WHAT YOU SHOULD DO — In the records below, find the line containing "abbrev pub recovered_url", then reproduce that line and every one after it to the end, exactly and alone.

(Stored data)
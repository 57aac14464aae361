-- ===== src/Queue/UrlTable.antt =====
-- infrastructure/persistence/repositories/backend_urls.py: the rows of a tbl_*_urls table, their
-- lifecycle, and the statements of BackendUrlRepository on them.
use sport_crawl.Prelude.{
  ℕ, ◌+◌, ◌*◌, String, Bool, true, false, Option, none, some, List, [], ◌∷◌, map, ◌&&◌, ◌||◌, ltb,
  leb, ◌==◌, str_eq, if◌then◌else◌, select, take,
}

-- The values of the status column that the code writes and tests.
pub data UrlStatus : Type 0 where
  pending active stale : UrlStatus

abbrev pub is_url_status : UrlStatus → UrlStatus → Bool
is_url_status pending pending = true
is_url_status active active = true
is_url_status stale stale = true
is_url_status _ _ = false

pub record BackendUrlRow : Type 0 where
  pub id : ℕ
  pub url : String
  pub url_type : String
  pub priority : ℕ
  pub next_scrape_at : ℕ
  pub fk_country : Option String
  pub cadence_hours : Option ℕ
  pub status : UrlStatus
  pub retry_count : ℕ
  pub last_error : Option String
  pub last_scrape_status : Option String
  pub last_scraped_at : Option ℕ

abbrev pub UrlTable : Type 0
UrlTable = List BackendUrlRow

-- The five tables that the whitelist admits; a name that it does not know is `none`, a ValueError.
pub data BackendTable : Type 0 where
  player_urls team_urls competition_urls country_urls country_squad_urls : BackendTable

abbrev pub qualified : String → Option BackendTable
qualified table =
    if str_eq table "tbl_player_urls"
    then some player_urls
    else if str_eq table "tbl_team_urls"
    then some team_urls
    else if str_eq table "tbl_competition_urls"
    then some competition_urls
    else if str_eq table "tbl_country_urls"
    then some country_urls
    else if str_eq table "tbl_country_squad_urls"
    then some country_squad_urls
    else none

-- The five tables themselves.
abbrev pub Backend : Type 0
Backend = BackendTable → UrlTable

-- UPDATE … WHERE id = :row_id AND test.
unfoldable pub update_url :
    (BackendUrlRow → Bool) → (BackendUrlRow → BackendUrlRow) → ℕ → UrlTable → UrlTable
update_url test change row_id [] = []
update_url test change row_id (r ∷ rest) =
    (if r.id == row_id && test r then change r else r) ∷ update_url test change row_id rest

unfoldable pub find_url : ℕ → UrlTable → Option BackendUrlRow
find_url i [] = none
find_url i (r ∷ rest) = if r.id == i then some r else find_url i rest

-- status IN ('PENDING', 'ACTIVE') AND next_scrape_at <= now().
abbrev pub is_due : ℕ → BackendUrlRow → Bool
is_due now r =
    (is_url_status r.status pending || is_url_status r.status active) && leb r.next_scrape_at now

-- ORDER BY priority ASC, next_scrape_at ASC.
abbrev pub comes_first : BackendUrlRow → BackendUrlRow → Bool
comes_first a b =
    ltb a.priority b.priority || (a.priority == b.priority && leb a.next_scrape_at b.next_scrape_at)

pub insert_due : BackendUrlRow → UrlTable → UrlTable
insert_due x [] = x ∷ []
insert_due x (r ∷ rest) = if comes_first x r then x ∷ r ∷ rest else r ∷ insert_due x rest

pub order_due : UrlTable → UrlTable
order_due [] = []
order_due (r ∷ rest) = insert_due r (order_due rest)

-- The rows are read; only tbl_country_squad_urls has a country column to read.
abbrev pub without_country : BackendTable → BackendUrlRow → BackendUrlRow
without_country country_squad_urls r = r
without_country _ r = record r { fk_country = none }

unfoldable pub fetch_due_rows : String → ℕ → ℕ → Backend → Option UrlTable
unfolding order_due insert_due
fetch_due_rows table limit now backend = elim (qualified table) [
  | none ↦ none
  | some t ↦
      some (map (without_country t) (take limit (order_due (select (is_due now) (backend t)))))
]

abbrev pub is_table : BackendTable → BackendTable → Bool
is_table player_urls player_urls = true
is_table team_urls team_urls = true
is_table competition_urls competition_urls = true
is_table country_urls country_urls = true
is_table country_squad_urls country_squad_urls = true
is_table _ _ = false

-- A statement on one of the tables, after the whitelist.
abbrev pub on_table : String → (UrlTable → UrlTable) → Backend → Option Backend
on_table table statement backend = elim (qualified table) [
  | none ↦ none
  | some t ↦ some (λ u. if is_table t u then statement (backend u) else backend u)
]

abbrev pub cadence_or_day : Option ℕ → ℕ
cadence_or_day none = 24
cadence_or_day (some hours) = hours

abbrev pub scraped : String → ℕ → BackendUrlRow → BackendUrlRow
scraped status now r = record r {
  status = active;
  last_scraped_at = some now;
  last_scrape_status = some status;
  next_scrape_at = now + cadence_or_day r.cadence_hours * 3600;
  retry_count = 0;
  last_error = none;
}

unfoldable pub mark_scraped : String → ℕ → String → ℕ → Backend → Option Backend
mark_scraped table row_id status now =
    on_table table (update_url (λ r. true) (scraped status now) row_id)

abbrev pub failed_url : String → ℕ → BackendUrlRow → BackendUrlRow
failed_url error max_retry_count r = record r {
  last_scrape_status = some "FAILURE";
  retry_count = r.retry_count + 1;
  last_error = some error;
  status = if leb max_retry_count (r.retry_count + 1) then stale else r.status;
}

unfoldable pub mark_failed : String → ℕ → String → ℕ → Backend → Option Backend
mark_failed table row_id error max_retry_count =
    on_table table (update_url (λ r. true) (failed_url error max_retry_count) row_id)

abbrev pub recovered_url : ℕ → BackendUrlRow → BackendUrlRow
recovered_url now r = record r {
  status = pending;
  retry_count = 0;
  last_error = none;
  next_scrape_at = now;
}

unfoldable pub recover_stale_url : String → ℕ → ℕ → Backend → Option Backend
recover_stale_url table row_id now =
    on_table table (update_url (λ r. is_url_status r.status stale) (recovered_url now) row_id)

RESULT FOR THIS EXERCISE —
abbrev pub recovered_url : ℕ → BackendUrlRow → BackendUrlRow
recovered_url now r = record r {
  status = pending;
  retry_count = 0;
  last_error = none;
  next_scrape_at = now;
}

unfoldable pub recover_stale_url : String → ℕ → ℕ → Backend → Option Backend
recover_stale_url table row_id now =
    on_table table (update_url (λ r. is_url_status r.status stale) (recovered_url now) row_id)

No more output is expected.